= ISSPIC =

ISSPIC, the International Symposium on Small Particles and Inorganic Clusters, is an established biennial conference series on fundamental science of finite size effects and the possibility of controlling the properties of material at the nanometer scale, organized since 1976. The conference topics typically include atomic and molecular clusters and their assemblies, supported and free-standing nanostructures and particles, and other nanometer-scale systems.

== History and development ==

The first ISSPIC conference was held in 1976 in Lyon. The idea to organize an international meeting of scientists who research the nanomolecular and atomic structures was given by pioneers in nanophysics such as Jean Farges, Jacques Friedel, Walter Knight, Ryogo Kubo, and Bernhard Mühlschlegel. Friedel was also the chairman of the first conference.

The main theme of the first couple of ISSPIC symposiums was fundamental studies on the finite-size effects of atomic and molecular clusters. The discussion emphasized the physical aspects. At the beginning, the conference was organized every fourth year but since 1988 it was held every two years. The conference has become a fundamental event on the area of the nanoscience and the research of nanoclusters during the last decades.

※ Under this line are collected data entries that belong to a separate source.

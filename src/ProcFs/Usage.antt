-- ===== src/ProcFs/Usage.antt =====
-- include/kesrv/processmanager/procfs.hxx: the numbers of a stat line.
use kexplorer_server.Prelude.{ℕ}
use kexplorer_server.Prelude.Int.{ℤ, pos, negsuc}

-- The fields of `Stat` from the flags on. Where the source has `unsigned` types they are naturals.
pub record Usage : Type 0 where
  pub flags : ℕ
  pub minflt : ℕ
  pub cminflt : ℕ
  pub majflt : ℕ
  pub cmajflt : ℕ
  pub utime : ℕ
  pub stime : ℕ
  pub cutime : ℤ
  pub cstime : ℤ
  pub priority : ℤ
  pub nice : ℤ
  pub num_threads : ℤ
  pub itrealvalue : ℤ
  pub starttime : ℕ
  pub vsize : ℕ
  pub rss : ℤ
  pub rsslim : ℕ
  pub startcode : ℕ
  pub endcode : ℕ
  pub startstack : ℕ
  pub kstkesp : ℕ
  pub kstkeip : ℕ
  pub signal : ℕ
  pub blocked : ℕ
  pub sigignore : ℕ
  pub sigcatch : ℕ
  pub wchan : ℕ
  pub nswap : ℕ
  pub cnswap : ℕ
  pub exit_signal : ℤ
  pub processor : ℤ
  pub rt_priority : ℕ
  pub policy : ℕ
  pub delayacct_blkio_ticks : ℕ
  pub guest_time : ℕ
  pub cguest_time : ℤ
  pub start_data : ℕ
  pub end_data : ℕ
  pub start_brk : ℕ
  pub arg_start : ℕ
  pub arg_end : ℕ
  pub env_start : ℕ
  pub env_end : ℕ
  pub exit_code : ℤ

-- The initial values of the fields.
abbrev pub no_usage : Usage
no_usage = record {
  flags = 0;
  minflt = 0;
  cminflt = 0;
  majflt = 0;
  cmajflt = 0;
  utime = 0;
  stime = 0;
  cutime = pos 0;
  cstime = pos 0;
  priority = pos 0;
  nice = pos 0;
  num_threads = pos 0;
  itrealvalue = pos 0;
  starttime = 0;
  vsize = 0;
  rss = pos 0;
  rsslim = 0;
  startcode = 0;
  endcode = 0;
  startstack = 0;
  kstkesp = 0;
  kstkeip = 0;
  signal = 0;
  blocked = 0;
  sigignore = 0;
  sigcatch = 0;
  wchan = 0;
  nswap = 0;
  cnswap = 0;
  exit_signal = negsuc 0;
  processor = negsuc 0;
  rt_priority = 0;
  policy = 0;
  delayacct_blkio_ticks = 0;
  guest_time = 0;
  cguest_time = pos 0;
  start_data = 0;
  end_data = 0;
  start_brk = 0;
  arg_start = 0;
  arg_end = 0;
  env_start = 0;
  env_end = 0;
  exit_code = pos 0;
}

The ISSPIC XX scheduled for 2020 unfortunately had to be cancelled because of the COVID 19 pandemic situation. However, the succeeding ISSPIC XXI has already been announced to take place in Berlin, Germany in 2023.

== Conference topics ==

The objective of the conference is to be an interdisciplinary forum for presentation and discussion of fundamental and technological developments in the research fields involving finite size effects of materials at the nanometer scale.

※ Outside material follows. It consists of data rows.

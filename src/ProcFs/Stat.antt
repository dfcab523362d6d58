-- ===== src/ProcFs/Stat.antt =====
-- The record of include/kesrv/processmanager/procfs.hxx, and the fields of a line of /proc/PID/stat
-- that `ProcFs::readStat` puts into it.
use kexplorer_server.Prelude.{
  ℕ, ◌-◌, ◌%◌, ◌^◌, Bool, false, [], if◌then◌else◌, ◌==◌, ltb, length, take, drop, get_or,
}
use kexplorer_server.Prelude.Int.{ℤ, pos, negsuc}
use kexplorer_server.Prelude.Text.{Str}
use kexplorer_server.Prelude.Numerals.{strtol, strtoul}
use kexplorer_server.ProcFs.Usage.{Usage, no_usage}

pub record Stat : Type 0 where
  pub valid : Bool
  pub error : Str
  pub pid : ℤ
  pub comm : Str
  pub state : ℕ
  pub ppid : ℤ
  pub pgrp : ℤ
  pub session : ℤ
  pub tty_nr : ℤ
  pub tpgid : ℤ
  pub usage : Usage
  pub start_time : ℕ
  pub ruid : ℕ

-- `InvalidPid`.
abbrev pub invalid_pid : ℤ
invalid_pid = negsuc 0

-- `Stat()`; `startTime` has no initial value there, and is set before it is read.
abbrev pub no_stat : Stat
no_stat = record {
  valid = false;
  error = [];
  pid = invalid_pid;
  comm = [];
  state = b'?';
  ppid = invalid_pid;
  pgrp = invalid_pid;
  session = invalid_pid;
  tty_nr = negsuc 0;
  tpgid = invalid_pid;
  usage = no_usage;
  start_time = 0;
  ruid = 0xFFFFFFFF;
}

abbrev low_bits : ℤ → ℕ
low_bits (pos n) = n % 2 ^ 32
low_bits (negsuc n) = 2 ^ 32 - 1 - n % 2 ^ 32

-- The conversion of a `long` to an `int`.
unfoldable pub to_int : ℤ → ℤ
to_int z = let n = low_bits z in if ltb n (2 ^ 31) then pos n else negsuc (2 ^ 32 - 1 - n)

-- The reader of floating-point numbers, with the conversion of its result to `int`, is an argument.
module _ (strtod : Str → ℤ) where
  -- The cases of the `switch` from the eighth on; the text starts behind the separator.
  unfoldable pub set_usage : ℕ → Str → Usage → Usage
  set_usage index text u =
      if index == 8
      then record u { flags = strtoul text % 2 ^ 32 }
      else if index == 9
      then record u { minflt = strtoul text }
      else if index == 10
      then record u { cminflt = strtoul text }
      else if index == 11
      then record u { majflt = strtoul text }
      else if index == 12
      then record u { cmajflt = strtoul text }
      else if index == 13
      then record u { utime = strtoul text }
      else if index == 14
      then record u { stime = strtoul text }
      else if index == 15
      then record u { cutime = strtol text }
      else if index == 16
      then record u { cstime = strtol text }
      else if index == 17
      then record u { priority = strtol text }
      else if index == 18
      then record u { nice = strtol text }
      else if index == 19
      then record u { num_threads = strtol text }
      else if index == 20
      then record u { itrealvalue = strtol text }
      else if index == 21
      then record u { starttime = strtoul text }
      else if index == 22
      then record u { vsize = strtoul text }
      else if index == 23
      then record u { rss = strtol text }
      else if index == 24
      then record u { rsslim = strtoul text }
      else if index == 25
      then record u { startcode = strtoul text }
      else if index == 26
      then record u { endcode = strtoul text }
      else if index == 27
      then record u { startstack = strtoul text }
      else if index == 28
      then record u { kstkesp = strtoul text }
      else if index == 29
      then record u { kstkeip = strtoul text }
      else if index == 30
      then record u { signal = strtoul text }
      else if index == 31
      then record u { blocked = strtoul text }
      else if index == 32
      then record u { sigignore = strtoul text }
      else if index == 33
      then record u { sigcatch = strtoul text }
      else if index == 34
      then record u { wchan = strtoul text }
      else if index == 35
      then record u { nswap = strtoul text }
      else if index == 36
      then record u { cnswap = strtoul text }
      else if index == 37
      then record u { exit_signal = strtod text }
      else if index == 38
      then record u { processor = strtod text }
      else if index == 39
      then record u { rt_priority = strtoul text % 2 ^ 32 }
      else if index == 40
      then record u { policy = strtoul text % 2 ^ 32 }
      else if index == 41
      then record u { delayacct_blkio_ticks = strtoul text }
      else if index == 42
      then record u { guest_time = strtoul text }
      else if index == 43
      then record u { cguest_time = strtol text }
      else if index == 44
      then record u { start_data = strtoul text }
      else if index == 45
      then record u { end_data = strtoul text }
      else if index == 46
      then record u { start_brk = strtoul text }
      else if index == 47
      then record u { arg_start = strtoul text }
      else if index == 48
      then record u { arg_end = strtoul text }
      else if index == 49
      then record u { env_start = strtoul text }
      else if index == 50
      then record u { env_end = strtoul text }
      else if index == 51
      then record u { exit_code = strtod text }
      else u

  -- The `switch`, for a field that is not empty: the field, its separator in front unless it is the
  -- first, and the text from the start of the field on.
  unfoldable pub set_field : ℕ → Str → Str → Stat → Stat
  unfolding to_int
  set_field index field from st =
      let text = drop 1 from in
      if index == 0
      then record st { pid = to_int (strtol from) }
      else if index == 1
      then (if ltb 3 (length field)
          then record st { comm = take (length field - 3) (drop 2 field) }
          else st)
      else if index == 2
      then record st { state = get_or from 1 0 }
      else if index == 3
      then record st { ppid = to_int (strtol text) }
      else if index == 4
      then record st { pgrp = strtod text }
      else if index == 5
      then record st { session = strtod text }
      else if index == 6
      then record st { tty_nr = strtod text }
      else if index == 7
      then record st { tpgid = strtod text }
      else record st { usage = set_usage index text st.usage }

The studies discussed at the conference comprise the structure and thermodynamics of nanoparticle systems, their electronic structure and quantum effects, spectroscopy and dynamics, reactivity and catalysis, correlated electrons, magnetism, superconductivity, optical properties and plasmonics, carbon nanomaterials, biotechnological and medical applications, environmental science, devices and applications, energy applications, and many more.

The symposia aim to provide an overview of new results, emerging trends, and perspectives in the science of atomic and molecular clusters, nanoparticles, and nanostructures. In addition, the interdisciplinary approach has proven to stimulate the emergence of new research topics, enabling innovative applications of nanoscience.

On 12 September 1990 during the 5th ISSPIC which was held in Konstanz, Germany, Wolfgang Krätschmer presented a report on the large-scale production of C_{60} (fullerenes) at the scheduled talk of Richard Smalley. This discovery caused a huge growth in materials science of nanocarbons. It also revealed the essential role of chemistry in the use of molecular clusters as a functional unit of the new materials.

A great part of the latest research results which were introduced in the conference in Fukuoka, Japan in 2014 were related to gold and silver nanoparticles. The research has mainly focused on the metallic nanostructures at this time. One of the growing research interests has been the ligand-protected metallic clusters. In addition to gold and silver, other metals such as platinum, palladium, copper, nickel, zirconium and niobium were used in the experiments and also metalloid materials like silicon. Other issues were different type of molecular structures and magnetic, optical, chemical, and thermal properties of those structures.

Researchers in the ISSPIC community have been working on nanoscience long before the term became as popular as it is today. From its start, one central theme in the field has been to try to understand how matter organizes itself from the atomic and molecular dimensions to nanoparticle regime and finally to bulk and how the various physical and chemical properties of a nanometer-size chunk of material are affected by its dimensionality, size, and the environment. ISSPIC XVIII in Jyväskylä, Finland, made an effort to enhance the visibility of cluster science to neighboring areas of nanoparticle catalysis, interface chemistry, plasmonics, biological systems, and research on climate change while not forgetting the traditional themes in the field. The 19th conference of the series held in Hangzhou in China in 2018 continued these efforts in striving to maintain the theme of cluster science, while reaching out to the broader fields related to nanoscience and in particular nanotechnology.

After a five years intermission owing to the pandemic situation, the forthcoming ISSPIC XXI in Berlin in 2023 aims to reflect the actual status of research in the physics and chemistry of small particles and clusters. However, even more importantly, it intends to provide a platform highlighting new contributions that focus on novel aspects of finite size and small particle research like, e.g., 2D-materials (graphene and beyond), cluster research at advanced light sources, spintronics, nanodiamonds, single and few atom clusters in heterogeneous catalysis, and novel theoretical and experimental methods to study finite size effects.